• **Work order**: The exercise asks you to copy every line below in which "some" appears.

··· Information

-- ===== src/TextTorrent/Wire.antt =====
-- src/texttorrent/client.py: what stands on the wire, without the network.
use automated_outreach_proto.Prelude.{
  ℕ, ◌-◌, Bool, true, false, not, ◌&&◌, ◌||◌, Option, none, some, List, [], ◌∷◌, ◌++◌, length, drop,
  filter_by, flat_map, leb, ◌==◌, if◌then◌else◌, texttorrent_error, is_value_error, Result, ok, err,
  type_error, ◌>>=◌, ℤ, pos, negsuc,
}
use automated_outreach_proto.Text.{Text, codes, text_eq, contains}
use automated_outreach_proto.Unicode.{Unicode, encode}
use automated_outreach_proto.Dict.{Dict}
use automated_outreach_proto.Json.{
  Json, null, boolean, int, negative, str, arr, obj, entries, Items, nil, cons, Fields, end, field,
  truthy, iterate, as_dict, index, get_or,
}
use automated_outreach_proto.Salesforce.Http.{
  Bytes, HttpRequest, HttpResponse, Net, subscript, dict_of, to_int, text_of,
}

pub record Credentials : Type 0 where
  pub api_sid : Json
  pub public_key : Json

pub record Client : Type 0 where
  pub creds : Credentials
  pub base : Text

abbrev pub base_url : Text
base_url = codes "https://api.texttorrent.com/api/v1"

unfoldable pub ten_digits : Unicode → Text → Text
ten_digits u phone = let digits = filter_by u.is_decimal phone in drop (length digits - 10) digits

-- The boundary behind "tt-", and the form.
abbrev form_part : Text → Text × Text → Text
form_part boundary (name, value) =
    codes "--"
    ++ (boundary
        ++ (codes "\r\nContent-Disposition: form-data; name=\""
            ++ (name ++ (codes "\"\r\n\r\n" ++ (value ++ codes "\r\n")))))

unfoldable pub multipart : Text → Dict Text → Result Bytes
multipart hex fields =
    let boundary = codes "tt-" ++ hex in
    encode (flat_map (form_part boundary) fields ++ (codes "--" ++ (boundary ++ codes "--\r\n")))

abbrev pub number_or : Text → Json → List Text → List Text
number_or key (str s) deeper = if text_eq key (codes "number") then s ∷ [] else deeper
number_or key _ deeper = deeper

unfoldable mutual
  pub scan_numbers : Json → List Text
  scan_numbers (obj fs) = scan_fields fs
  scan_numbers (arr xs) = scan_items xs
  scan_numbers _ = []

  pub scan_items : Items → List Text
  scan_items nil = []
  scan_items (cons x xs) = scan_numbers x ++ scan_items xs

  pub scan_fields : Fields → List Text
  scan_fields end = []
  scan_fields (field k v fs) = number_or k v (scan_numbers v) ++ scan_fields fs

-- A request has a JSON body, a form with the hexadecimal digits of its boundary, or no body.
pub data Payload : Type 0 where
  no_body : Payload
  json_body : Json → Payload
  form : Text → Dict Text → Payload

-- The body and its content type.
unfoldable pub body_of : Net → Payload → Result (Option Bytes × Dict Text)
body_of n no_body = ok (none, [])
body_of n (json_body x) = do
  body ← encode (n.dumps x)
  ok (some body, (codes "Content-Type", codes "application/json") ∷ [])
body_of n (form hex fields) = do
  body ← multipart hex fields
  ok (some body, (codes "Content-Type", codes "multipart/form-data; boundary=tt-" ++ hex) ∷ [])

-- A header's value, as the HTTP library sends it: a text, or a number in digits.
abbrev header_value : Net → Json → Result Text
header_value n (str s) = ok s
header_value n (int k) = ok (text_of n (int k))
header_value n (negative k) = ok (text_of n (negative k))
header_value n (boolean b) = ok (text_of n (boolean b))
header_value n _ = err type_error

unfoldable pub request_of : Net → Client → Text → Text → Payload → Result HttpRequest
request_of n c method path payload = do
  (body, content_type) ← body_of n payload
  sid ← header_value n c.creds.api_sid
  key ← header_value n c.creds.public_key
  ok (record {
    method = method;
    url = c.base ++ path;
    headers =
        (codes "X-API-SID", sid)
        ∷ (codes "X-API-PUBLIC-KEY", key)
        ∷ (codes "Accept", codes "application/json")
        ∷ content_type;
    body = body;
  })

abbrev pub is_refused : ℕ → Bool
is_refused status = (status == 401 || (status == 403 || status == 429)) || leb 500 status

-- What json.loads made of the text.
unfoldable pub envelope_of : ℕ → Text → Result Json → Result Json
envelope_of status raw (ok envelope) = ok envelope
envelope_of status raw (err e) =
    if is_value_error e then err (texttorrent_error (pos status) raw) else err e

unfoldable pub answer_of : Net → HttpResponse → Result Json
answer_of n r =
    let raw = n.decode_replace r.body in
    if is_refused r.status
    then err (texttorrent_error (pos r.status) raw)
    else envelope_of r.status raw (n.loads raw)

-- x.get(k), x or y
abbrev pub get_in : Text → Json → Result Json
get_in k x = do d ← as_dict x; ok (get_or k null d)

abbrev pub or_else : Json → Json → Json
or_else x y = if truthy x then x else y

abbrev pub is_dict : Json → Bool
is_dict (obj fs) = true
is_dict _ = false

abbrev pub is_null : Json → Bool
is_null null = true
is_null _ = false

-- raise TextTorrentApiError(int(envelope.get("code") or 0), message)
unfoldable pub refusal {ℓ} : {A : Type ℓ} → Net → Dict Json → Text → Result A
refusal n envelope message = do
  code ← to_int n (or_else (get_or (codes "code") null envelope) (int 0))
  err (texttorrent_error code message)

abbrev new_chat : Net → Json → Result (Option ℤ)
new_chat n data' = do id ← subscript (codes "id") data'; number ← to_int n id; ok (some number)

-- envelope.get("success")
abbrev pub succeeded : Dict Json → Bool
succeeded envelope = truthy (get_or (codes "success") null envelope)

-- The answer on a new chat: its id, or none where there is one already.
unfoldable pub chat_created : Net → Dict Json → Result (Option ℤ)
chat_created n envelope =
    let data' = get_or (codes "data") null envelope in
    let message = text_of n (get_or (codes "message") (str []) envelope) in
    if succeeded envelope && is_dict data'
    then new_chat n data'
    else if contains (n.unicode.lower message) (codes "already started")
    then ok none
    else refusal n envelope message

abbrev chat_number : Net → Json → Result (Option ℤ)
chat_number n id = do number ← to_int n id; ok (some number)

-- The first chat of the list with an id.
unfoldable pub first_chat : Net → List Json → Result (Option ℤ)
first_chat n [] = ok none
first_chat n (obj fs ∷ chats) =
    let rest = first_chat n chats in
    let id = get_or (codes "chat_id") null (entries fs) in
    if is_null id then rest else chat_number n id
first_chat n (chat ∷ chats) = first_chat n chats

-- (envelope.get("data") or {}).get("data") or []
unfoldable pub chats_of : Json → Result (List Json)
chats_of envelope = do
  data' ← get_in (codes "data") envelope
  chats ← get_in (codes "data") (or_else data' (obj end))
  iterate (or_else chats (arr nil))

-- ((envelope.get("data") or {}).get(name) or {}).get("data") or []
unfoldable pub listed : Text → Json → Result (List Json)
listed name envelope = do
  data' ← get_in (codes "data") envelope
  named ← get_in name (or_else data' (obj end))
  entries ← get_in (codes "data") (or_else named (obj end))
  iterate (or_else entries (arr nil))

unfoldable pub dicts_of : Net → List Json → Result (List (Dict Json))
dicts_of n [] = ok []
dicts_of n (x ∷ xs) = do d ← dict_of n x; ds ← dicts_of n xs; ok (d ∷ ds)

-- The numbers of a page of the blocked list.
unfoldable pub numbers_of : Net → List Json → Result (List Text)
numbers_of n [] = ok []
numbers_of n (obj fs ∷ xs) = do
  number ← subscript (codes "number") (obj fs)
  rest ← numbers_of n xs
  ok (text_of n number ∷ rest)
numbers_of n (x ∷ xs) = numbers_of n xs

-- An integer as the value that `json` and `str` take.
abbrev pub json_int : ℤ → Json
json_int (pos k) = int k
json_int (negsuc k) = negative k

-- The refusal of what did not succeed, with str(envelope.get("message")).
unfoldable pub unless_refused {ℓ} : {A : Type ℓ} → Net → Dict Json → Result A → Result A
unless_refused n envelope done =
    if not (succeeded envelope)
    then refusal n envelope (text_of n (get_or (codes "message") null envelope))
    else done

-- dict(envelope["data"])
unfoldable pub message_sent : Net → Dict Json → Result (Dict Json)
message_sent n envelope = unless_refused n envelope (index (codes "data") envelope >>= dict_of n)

······
··· Information

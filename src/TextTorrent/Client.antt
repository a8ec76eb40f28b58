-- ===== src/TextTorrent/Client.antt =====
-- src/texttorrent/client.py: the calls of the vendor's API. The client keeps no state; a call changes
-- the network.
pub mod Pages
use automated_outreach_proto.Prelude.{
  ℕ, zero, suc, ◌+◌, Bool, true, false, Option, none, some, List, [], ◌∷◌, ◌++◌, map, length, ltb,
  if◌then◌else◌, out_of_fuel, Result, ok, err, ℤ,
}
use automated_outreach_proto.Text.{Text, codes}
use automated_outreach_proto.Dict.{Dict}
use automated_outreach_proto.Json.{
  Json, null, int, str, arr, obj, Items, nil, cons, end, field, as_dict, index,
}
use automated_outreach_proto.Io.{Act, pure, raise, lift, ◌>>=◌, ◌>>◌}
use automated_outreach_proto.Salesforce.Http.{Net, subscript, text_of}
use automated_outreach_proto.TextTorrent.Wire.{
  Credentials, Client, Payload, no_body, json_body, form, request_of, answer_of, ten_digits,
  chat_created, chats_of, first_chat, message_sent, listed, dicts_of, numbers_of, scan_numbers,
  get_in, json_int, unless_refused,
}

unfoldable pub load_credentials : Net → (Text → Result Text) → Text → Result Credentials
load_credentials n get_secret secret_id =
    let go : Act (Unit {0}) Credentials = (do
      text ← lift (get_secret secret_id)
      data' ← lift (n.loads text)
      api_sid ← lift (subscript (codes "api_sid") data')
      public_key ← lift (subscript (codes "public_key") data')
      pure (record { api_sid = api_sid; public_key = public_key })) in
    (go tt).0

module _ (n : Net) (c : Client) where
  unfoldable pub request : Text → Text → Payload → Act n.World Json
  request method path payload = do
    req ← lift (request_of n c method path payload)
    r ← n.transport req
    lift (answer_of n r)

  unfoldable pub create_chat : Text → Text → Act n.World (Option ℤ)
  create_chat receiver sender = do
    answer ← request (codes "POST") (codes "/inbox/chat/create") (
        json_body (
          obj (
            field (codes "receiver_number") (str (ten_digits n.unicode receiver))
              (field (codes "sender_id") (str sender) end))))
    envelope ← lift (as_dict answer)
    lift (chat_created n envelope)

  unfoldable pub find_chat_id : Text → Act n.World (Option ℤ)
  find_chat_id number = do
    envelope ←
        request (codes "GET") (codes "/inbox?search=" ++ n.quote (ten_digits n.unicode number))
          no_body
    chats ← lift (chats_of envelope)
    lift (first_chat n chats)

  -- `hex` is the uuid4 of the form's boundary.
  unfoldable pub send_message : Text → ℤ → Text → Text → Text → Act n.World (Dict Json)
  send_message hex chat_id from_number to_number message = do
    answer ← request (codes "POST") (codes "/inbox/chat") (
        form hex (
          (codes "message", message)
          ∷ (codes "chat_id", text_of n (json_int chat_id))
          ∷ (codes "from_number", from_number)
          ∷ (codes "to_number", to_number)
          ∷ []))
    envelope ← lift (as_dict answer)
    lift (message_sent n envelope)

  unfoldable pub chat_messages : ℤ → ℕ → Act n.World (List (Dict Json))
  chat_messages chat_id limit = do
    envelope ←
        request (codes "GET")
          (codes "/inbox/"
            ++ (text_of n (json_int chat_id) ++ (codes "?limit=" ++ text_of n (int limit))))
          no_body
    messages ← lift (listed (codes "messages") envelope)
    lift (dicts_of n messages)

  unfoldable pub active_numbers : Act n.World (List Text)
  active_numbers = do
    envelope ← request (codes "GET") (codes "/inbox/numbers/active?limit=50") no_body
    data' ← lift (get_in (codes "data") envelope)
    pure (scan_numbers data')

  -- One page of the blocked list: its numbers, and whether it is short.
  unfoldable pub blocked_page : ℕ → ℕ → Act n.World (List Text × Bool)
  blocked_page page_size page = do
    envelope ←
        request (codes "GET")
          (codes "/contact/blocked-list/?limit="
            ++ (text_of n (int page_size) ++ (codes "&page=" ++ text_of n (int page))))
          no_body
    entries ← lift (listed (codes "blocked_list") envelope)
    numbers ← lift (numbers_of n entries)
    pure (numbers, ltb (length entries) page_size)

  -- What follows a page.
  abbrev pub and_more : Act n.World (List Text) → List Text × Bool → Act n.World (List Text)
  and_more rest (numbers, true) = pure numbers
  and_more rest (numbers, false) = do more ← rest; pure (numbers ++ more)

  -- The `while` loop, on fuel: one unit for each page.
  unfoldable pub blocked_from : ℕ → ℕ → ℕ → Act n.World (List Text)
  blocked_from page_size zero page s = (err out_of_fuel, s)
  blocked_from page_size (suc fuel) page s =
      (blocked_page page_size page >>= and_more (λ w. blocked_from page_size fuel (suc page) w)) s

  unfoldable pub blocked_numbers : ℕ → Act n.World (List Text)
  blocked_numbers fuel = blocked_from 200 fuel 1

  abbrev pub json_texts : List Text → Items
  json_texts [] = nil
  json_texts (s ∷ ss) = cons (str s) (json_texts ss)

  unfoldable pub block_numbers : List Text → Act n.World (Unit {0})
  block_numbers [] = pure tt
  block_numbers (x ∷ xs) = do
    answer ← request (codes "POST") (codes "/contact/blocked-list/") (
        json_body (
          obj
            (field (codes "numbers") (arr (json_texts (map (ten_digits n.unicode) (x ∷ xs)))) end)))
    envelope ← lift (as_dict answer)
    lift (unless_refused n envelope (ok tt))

······
··· Information

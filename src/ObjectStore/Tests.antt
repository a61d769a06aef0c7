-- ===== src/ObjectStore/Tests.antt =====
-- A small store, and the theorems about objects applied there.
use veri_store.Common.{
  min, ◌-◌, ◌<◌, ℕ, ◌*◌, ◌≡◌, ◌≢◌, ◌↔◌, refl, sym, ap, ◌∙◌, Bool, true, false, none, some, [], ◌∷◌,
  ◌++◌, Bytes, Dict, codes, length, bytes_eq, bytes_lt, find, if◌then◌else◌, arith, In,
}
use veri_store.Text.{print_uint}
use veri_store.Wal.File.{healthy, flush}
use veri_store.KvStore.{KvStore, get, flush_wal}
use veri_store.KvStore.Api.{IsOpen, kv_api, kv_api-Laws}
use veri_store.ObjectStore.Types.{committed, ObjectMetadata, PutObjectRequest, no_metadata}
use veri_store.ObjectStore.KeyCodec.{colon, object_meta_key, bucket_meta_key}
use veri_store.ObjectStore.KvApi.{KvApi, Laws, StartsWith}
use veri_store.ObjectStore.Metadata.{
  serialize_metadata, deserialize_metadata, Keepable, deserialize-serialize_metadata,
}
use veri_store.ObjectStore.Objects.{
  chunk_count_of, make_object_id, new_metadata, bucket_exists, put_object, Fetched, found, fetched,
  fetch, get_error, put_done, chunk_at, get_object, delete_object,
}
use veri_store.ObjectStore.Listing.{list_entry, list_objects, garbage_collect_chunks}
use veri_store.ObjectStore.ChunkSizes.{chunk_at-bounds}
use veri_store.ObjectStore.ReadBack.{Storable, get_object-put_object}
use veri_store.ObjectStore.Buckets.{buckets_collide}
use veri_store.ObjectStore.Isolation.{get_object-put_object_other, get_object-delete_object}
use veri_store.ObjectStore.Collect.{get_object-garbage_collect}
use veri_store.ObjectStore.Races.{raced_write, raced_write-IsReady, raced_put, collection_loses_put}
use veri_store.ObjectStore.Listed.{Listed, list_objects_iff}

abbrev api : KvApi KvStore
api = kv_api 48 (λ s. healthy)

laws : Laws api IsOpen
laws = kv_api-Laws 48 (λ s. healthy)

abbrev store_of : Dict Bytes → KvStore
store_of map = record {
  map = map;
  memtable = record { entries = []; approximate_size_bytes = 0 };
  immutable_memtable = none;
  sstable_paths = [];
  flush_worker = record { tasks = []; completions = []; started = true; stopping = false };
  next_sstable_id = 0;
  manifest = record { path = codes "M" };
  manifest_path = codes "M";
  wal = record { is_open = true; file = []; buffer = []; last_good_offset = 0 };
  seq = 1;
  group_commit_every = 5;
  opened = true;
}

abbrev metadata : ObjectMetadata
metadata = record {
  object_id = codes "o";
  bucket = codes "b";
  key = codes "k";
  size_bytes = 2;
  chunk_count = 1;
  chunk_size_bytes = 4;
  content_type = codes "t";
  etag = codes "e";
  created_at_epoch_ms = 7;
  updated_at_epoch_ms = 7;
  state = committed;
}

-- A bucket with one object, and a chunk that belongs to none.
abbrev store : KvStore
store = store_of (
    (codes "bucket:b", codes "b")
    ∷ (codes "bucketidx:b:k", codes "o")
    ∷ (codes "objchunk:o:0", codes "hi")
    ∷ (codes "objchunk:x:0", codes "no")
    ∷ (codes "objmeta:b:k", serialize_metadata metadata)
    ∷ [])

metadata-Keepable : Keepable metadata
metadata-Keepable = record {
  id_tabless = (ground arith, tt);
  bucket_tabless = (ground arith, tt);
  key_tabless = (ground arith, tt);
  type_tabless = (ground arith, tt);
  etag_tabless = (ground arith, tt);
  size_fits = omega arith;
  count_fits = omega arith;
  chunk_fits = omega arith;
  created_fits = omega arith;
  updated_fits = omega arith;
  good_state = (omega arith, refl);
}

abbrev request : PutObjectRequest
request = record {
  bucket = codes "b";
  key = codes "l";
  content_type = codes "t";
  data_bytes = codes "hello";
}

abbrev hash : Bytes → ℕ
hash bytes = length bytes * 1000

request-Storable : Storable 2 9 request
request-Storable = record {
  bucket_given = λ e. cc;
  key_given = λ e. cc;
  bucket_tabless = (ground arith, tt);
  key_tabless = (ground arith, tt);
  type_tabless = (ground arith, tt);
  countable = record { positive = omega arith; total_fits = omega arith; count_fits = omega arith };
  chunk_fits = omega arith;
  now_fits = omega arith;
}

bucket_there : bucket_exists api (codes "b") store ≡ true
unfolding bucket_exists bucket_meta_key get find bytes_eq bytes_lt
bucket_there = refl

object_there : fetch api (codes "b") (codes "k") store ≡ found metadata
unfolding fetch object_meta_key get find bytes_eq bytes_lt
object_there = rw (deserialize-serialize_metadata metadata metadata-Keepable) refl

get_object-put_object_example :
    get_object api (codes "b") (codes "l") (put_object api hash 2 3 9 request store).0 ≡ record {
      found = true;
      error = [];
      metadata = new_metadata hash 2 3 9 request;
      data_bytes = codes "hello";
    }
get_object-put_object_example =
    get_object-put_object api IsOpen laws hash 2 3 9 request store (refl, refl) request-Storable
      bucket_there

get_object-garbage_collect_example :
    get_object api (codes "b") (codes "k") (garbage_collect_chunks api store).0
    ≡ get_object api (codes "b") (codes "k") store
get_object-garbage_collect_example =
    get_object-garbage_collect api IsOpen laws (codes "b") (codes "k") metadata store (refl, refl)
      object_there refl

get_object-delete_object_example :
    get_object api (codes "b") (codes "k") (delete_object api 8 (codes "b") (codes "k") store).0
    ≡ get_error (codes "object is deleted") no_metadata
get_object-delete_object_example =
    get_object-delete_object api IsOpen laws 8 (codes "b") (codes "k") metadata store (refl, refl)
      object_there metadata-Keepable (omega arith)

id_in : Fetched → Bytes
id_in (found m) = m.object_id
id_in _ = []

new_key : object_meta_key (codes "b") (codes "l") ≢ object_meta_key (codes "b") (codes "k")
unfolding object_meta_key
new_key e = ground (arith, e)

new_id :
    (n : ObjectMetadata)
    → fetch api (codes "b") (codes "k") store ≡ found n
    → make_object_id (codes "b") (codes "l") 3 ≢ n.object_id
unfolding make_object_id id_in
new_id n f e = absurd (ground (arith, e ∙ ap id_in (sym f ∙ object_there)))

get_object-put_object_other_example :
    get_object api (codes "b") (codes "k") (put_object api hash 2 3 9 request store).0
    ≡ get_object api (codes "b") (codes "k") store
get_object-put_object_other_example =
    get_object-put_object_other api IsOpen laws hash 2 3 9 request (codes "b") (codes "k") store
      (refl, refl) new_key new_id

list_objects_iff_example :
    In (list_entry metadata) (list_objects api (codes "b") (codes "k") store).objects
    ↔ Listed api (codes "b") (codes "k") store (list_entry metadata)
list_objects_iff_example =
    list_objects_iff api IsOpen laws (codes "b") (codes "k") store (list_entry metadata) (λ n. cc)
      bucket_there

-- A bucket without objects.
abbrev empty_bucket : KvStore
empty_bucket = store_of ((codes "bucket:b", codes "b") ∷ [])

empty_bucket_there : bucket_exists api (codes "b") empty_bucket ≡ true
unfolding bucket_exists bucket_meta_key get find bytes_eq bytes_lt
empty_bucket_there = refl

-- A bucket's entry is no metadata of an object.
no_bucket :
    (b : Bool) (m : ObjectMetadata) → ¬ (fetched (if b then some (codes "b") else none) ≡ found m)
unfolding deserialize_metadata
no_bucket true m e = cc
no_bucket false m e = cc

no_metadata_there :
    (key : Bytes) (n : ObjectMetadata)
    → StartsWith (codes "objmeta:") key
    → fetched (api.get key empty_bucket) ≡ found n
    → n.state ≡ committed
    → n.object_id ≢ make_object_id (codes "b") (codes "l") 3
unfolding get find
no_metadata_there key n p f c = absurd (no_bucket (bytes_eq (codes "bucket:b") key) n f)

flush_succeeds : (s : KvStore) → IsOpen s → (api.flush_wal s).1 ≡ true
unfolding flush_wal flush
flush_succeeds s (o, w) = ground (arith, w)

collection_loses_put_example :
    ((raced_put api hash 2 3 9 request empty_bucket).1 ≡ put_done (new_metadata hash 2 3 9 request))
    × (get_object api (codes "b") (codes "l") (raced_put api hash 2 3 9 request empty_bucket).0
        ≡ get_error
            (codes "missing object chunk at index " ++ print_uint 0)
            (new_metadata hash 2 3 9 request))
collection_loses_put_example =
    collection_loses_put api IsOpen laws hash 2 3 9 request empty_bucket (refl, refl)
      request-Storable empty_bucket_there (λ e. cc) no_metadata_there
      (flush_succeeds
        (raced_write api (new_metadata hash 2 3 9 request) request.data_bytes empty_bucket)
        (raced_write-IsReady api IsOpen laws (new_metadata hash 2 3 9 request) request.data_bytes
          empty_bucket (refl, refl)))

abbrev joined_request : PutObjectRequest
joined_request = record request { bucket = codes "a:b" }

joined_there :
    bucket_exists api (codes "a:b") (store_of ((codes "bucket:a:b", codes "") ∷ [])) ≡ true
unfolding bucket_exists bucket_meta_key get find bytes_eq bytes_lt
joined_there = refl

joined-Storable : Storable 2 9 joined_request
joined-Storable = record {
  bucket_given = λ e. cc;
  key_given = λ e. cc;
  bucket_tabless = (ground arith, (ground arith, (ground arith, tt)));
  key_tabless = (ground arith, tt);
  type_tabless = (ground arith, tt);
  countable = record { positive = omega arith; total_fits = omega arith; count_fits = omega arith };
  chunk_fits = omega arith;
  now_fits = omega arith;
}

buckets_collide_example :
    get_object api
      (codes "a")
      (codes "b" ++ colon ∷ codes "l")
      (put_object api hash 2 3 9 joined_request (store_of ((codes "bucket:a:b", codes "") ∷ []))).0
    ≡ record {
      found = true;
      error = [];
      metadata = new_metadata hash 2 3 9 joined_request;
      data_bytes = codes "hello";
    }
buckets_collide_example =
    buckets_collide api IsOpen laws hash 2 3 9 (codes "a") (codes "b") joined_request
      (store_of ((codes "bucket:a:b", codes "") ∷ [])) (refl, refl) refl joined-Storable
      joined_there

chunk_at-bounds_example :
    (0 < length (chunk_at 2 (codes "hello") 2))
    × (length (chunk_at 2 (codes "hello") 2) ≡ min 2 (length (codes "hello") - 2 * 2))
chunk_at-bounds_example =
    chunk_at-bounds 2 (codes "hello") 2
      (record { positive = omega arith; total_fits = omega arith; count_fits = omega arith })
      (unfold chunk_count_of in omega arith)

······

• **Response**:
  ℕ, ◌-◌, Bool, true, false, not, ◌&&◌, ◌||◌, Option, none, some, List, [], ◌∷◌, ◌++◌, length, drop,
  ok (some body, (codes "Content-Type", codes "application/json") ∷ [])
  ok (some body, (codes "Content-Type", codes "multipart/form-data; boundary=tt-" ++ hex) ∷ [])
new_chat n data' = do id ← subscript (codes "id") data'; number ← to_int n id; ok (some number)
chat_number n id = do number ← to_int n id; ok (some number)
  ℕ, zero, suc, ◌+◌, Bool, true, false, Option, none, some, List, [], ◌∷◌, ◌++◌, map, length, ltb,
  min, ◌-◌, ◌<◌, ℕ, ◌*◌, ◌≡◌, ◌≢◌, ◌↔◌, refl, sym, ap, ◌∙◌, Bool, true, false, none, some, [], ◌∷◌,
    (b : Bool) (m : ObjectMetadata) → ¬ (fetched (if b then some (codes "b") else none) ≡ found m)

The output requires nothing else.